BEGIN
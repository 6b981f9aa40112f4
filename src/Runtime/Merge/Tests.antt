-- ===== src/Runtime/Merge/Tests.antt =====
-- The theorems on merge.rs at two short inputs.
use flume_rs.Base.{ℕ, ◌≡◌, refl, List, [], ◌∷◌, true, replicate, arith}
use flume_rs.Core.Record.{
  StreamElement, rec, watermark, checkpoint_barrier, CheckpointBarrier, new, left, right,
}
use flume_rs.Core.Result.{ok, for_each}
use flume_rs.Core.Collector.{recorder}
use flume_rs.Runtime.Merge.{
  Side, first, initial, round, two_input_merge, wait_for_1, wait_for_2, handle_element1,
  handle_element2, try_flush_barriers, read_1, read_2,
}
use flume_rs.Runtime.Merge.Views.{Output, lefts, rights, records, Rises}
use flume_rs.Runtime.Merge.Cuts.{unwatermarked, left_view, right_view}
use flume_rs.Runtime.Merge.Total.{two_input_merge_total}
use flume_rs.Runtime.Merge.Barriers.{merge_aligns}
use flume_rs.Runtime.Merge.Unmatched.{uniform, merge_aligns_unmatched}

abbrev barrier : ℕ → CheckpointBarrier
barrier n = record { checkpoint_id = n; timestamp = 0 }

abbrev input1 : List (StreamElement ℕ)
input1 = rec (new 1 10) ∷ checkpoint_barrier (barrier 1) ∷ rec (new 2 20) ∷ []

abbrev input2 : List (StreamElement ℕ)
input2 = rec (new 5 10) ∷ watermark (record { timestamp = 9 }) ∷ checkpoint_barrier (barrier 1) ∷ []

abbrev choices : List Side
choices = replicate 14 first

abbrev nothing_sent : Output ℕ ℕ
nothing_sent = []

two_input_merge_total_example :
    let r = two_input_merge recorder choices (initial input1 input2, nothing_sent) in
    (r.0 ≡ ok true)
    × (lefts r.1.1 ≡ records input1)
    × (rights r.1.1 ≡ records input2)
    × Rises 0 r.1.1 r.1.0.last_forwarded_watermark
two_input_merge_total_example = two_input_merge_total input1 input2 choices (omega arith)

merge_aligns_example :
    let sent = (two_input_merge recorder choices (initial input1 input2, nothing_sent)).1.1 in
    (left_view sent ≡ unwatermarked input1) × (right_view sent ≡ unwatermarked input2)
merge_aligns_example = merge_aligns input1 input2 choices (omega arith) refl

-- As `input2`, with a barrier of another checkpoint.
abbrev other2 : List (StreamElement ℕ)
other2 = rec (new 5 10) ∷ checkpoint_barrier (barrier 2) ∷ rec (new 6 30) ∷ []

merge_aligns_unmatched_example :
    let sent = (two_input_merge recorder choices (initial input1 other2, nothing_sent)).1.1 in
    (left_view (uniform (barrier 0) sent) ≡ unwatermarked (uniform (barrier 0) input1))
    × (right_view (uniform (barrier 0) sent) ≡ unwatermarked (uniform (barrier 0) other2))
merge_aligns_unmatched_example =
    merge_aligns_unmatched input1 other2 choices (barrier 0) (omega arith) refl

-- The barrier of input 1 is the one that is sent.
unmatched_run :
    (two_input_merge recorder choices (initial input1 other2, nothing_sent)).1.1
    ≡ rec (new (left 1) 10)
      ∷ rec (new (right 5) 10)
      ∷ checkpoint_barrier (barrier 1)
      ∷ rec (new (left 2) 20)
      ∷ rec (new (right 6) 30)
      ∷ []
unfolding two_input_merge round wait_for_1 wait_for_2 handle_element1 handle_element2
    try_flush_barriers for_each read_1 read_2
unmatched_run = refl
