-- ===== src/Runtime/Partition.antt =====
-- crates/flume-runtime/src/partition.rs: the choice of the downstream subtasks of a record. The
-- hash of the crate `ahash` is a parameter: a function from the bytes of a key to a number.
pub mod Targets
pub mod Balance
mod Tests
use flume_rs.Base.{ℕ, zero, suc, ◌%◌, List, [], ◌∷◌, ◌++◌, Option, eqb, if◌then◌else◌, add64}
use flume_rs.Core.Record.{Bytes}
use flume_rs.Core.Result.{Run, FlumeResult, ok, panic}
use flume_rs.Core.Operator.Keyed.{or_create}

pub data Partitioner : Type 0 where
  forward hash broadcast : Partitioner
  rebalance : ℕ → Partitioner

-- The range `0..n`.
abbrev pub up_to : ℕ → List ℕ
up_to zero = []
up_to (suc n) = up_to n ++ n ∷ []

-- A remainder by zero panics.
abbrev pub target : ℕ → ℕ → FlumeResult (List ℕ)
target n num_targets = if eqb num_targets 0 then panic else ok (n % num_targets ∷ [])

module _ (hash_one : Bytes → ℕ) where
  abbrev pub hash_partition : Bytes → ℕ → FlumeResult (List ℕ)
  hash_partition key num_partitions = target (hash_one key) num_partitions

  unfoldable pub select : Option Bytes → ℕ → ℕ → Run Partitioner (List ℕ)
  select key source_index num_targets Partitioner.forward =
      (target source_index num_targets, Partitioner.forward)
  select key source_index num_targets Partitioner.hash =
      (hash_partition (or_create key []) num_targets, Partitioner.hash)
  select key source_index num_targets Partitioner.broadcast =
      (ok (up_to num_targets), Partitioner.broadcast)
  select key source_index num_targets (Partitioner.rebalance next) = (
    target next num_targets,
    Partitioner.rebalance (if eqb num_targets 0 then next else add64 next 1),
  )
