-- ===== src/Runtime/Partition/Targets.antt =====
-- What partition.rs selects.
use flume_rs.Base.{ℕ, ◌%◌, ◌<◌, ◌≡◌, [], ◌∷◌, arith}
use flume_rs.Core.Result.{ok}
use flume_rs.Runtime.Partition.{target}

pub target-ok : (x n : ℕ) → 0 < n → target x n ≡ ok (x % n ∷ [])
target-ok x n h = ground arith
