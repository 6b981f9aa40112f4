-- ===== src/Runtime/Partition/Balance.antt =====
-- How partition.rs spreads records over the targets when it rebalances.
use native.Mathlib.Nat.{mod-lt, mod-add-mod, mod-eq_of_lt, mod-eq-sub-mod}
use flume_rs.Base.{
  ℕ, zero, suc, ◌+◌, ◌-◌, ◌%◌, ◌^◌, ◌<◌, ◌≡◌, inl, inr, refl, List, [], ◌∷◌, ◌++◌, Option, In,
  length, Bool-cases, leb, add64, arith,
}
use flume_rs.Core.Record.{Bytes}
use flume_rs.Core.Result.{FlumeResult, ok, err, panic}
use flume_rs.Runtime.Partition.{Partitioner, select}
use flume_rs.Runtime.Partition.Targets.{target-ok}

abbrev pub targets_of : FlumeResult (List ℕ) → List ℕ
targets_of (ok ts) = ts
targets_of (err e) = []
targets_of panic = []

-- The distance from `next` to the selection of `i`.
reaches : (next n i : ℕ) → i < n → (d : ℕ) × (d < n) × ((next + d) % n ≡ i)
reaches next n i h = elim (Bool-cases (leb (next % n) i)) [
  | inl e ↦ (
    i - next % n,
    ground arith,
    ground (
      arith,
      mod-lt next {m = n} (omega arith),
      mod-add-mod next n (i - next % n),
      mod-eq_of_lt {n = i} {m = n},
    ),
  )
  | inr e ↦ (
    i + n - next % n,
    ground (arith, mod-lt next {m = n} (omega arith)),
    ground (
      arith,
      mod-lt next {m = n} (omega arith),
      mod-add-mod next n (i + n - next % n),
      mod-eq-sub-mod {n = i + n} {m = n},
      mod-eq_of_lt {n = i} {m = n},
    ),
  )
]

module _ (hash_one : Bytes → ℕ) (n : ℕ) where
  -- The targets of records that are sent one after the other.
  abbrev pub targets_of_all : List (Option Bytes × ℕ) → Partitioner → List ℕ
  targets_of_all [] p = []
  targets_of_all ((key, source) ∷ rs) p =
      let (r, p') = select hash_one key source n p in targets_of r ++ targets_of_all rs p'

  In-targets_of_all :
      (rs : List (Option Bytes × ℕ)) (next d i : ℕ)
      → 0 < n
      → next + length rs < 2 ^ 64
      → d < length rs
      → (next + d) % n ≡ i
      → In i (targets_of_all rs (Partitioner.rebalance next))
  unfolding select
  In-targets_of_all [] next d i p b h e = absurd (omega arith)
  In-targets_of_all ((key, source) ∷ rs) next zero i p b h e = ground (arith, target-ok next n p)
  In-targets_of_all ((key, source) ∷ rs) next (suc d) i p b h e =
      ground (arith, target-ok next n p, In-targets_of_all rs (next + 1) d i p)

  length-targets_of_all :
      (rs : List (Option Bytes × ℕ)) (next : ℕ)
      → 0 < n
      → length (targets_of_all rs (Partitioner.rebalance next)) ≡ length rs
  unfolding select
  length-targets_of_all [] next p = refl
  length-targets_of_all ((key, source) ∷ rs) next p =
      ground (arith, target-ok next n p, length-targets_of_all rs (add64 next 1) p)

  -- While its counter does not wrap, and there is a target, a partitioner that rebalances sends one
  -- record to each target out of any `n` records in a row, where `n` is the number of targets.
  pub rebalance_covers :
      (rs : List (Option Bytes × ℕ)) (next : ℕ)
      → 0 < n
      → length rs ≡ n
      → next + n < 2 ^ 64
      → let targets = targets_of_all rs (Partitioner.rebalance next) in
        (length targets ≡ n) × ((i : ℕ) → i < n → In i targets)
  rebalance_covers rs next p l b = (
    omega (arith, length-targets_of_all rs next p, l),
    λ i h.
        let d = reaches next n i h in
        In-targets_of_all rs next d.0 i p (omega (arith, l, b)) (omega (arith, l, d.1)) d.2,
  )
END
EXERCISE GOAL:
In the listing above, find the line with "(rs : List (Option Bytes × ℕ)) (next d" and the line with "let d = reaches next n i h in". Output those two lines and every line between them, exactly as written.

TASK ANSWER:
      (rs : List (Option Bytes × ℕ)) (next d i : ℕ)
      → 0 < n
      → next + length rs < 2 ^ 64
      → d < length rs
      → (next + d) % n ≡ i
      → In i (targets_of_all rs (Partitioner.rebalance next))
  unfolding select
  In-targets_of_all [] next d i p b h e = absurd (omega arith)
  In-targets_of_all ((key, source) ∷ rs) next zero i p b h e = ground (arith, target-ok next n p)
  In-targets_of_all ((key, source) ∷ rs) next (suc d) i p b h e =
      ground (arith, target-ok next n p, In-targets_of_all rs (next + 1) d i p)

  length-targets_of_all :
      (rs : List (Option Bytes × ℕ)) (next : ℕ)
      → 0 < n
      → length (targets_of_all rs (Partitioner.rebalance next)) ≡ length rs
  unfolding select
  length-targets_of_all [] next p = refl
  length-targets_of_all ((key, source) ∷ rs) next p =
      ground (arith, target-ok next n p, length-targets_of_all rs (add64 next 1) p)

  -- While its counter does not wrap, and there is a target, a partitioner that rebalances sends one
  -- record to each target out of any `n` records in a row, where `n` is the number of targets.
  pub rebalance_covers :
      (rs : List (Option Bytes × ℕ)) (next : ℕ)
      → 0 < n
      → length rs ≡ n
      → next + n < 2 ^ 64
      → let targets = targets_of_all rs (Partitioner.rebalance next) in
        (length targets ≡ n) × ((i : ℕ) → i < n → In i targets)
  rebalance_covers rs next p l b = (
    omega (arith, length-targets_of_all rs next p, l),
    λ i h.
        let d = reaches next n i h in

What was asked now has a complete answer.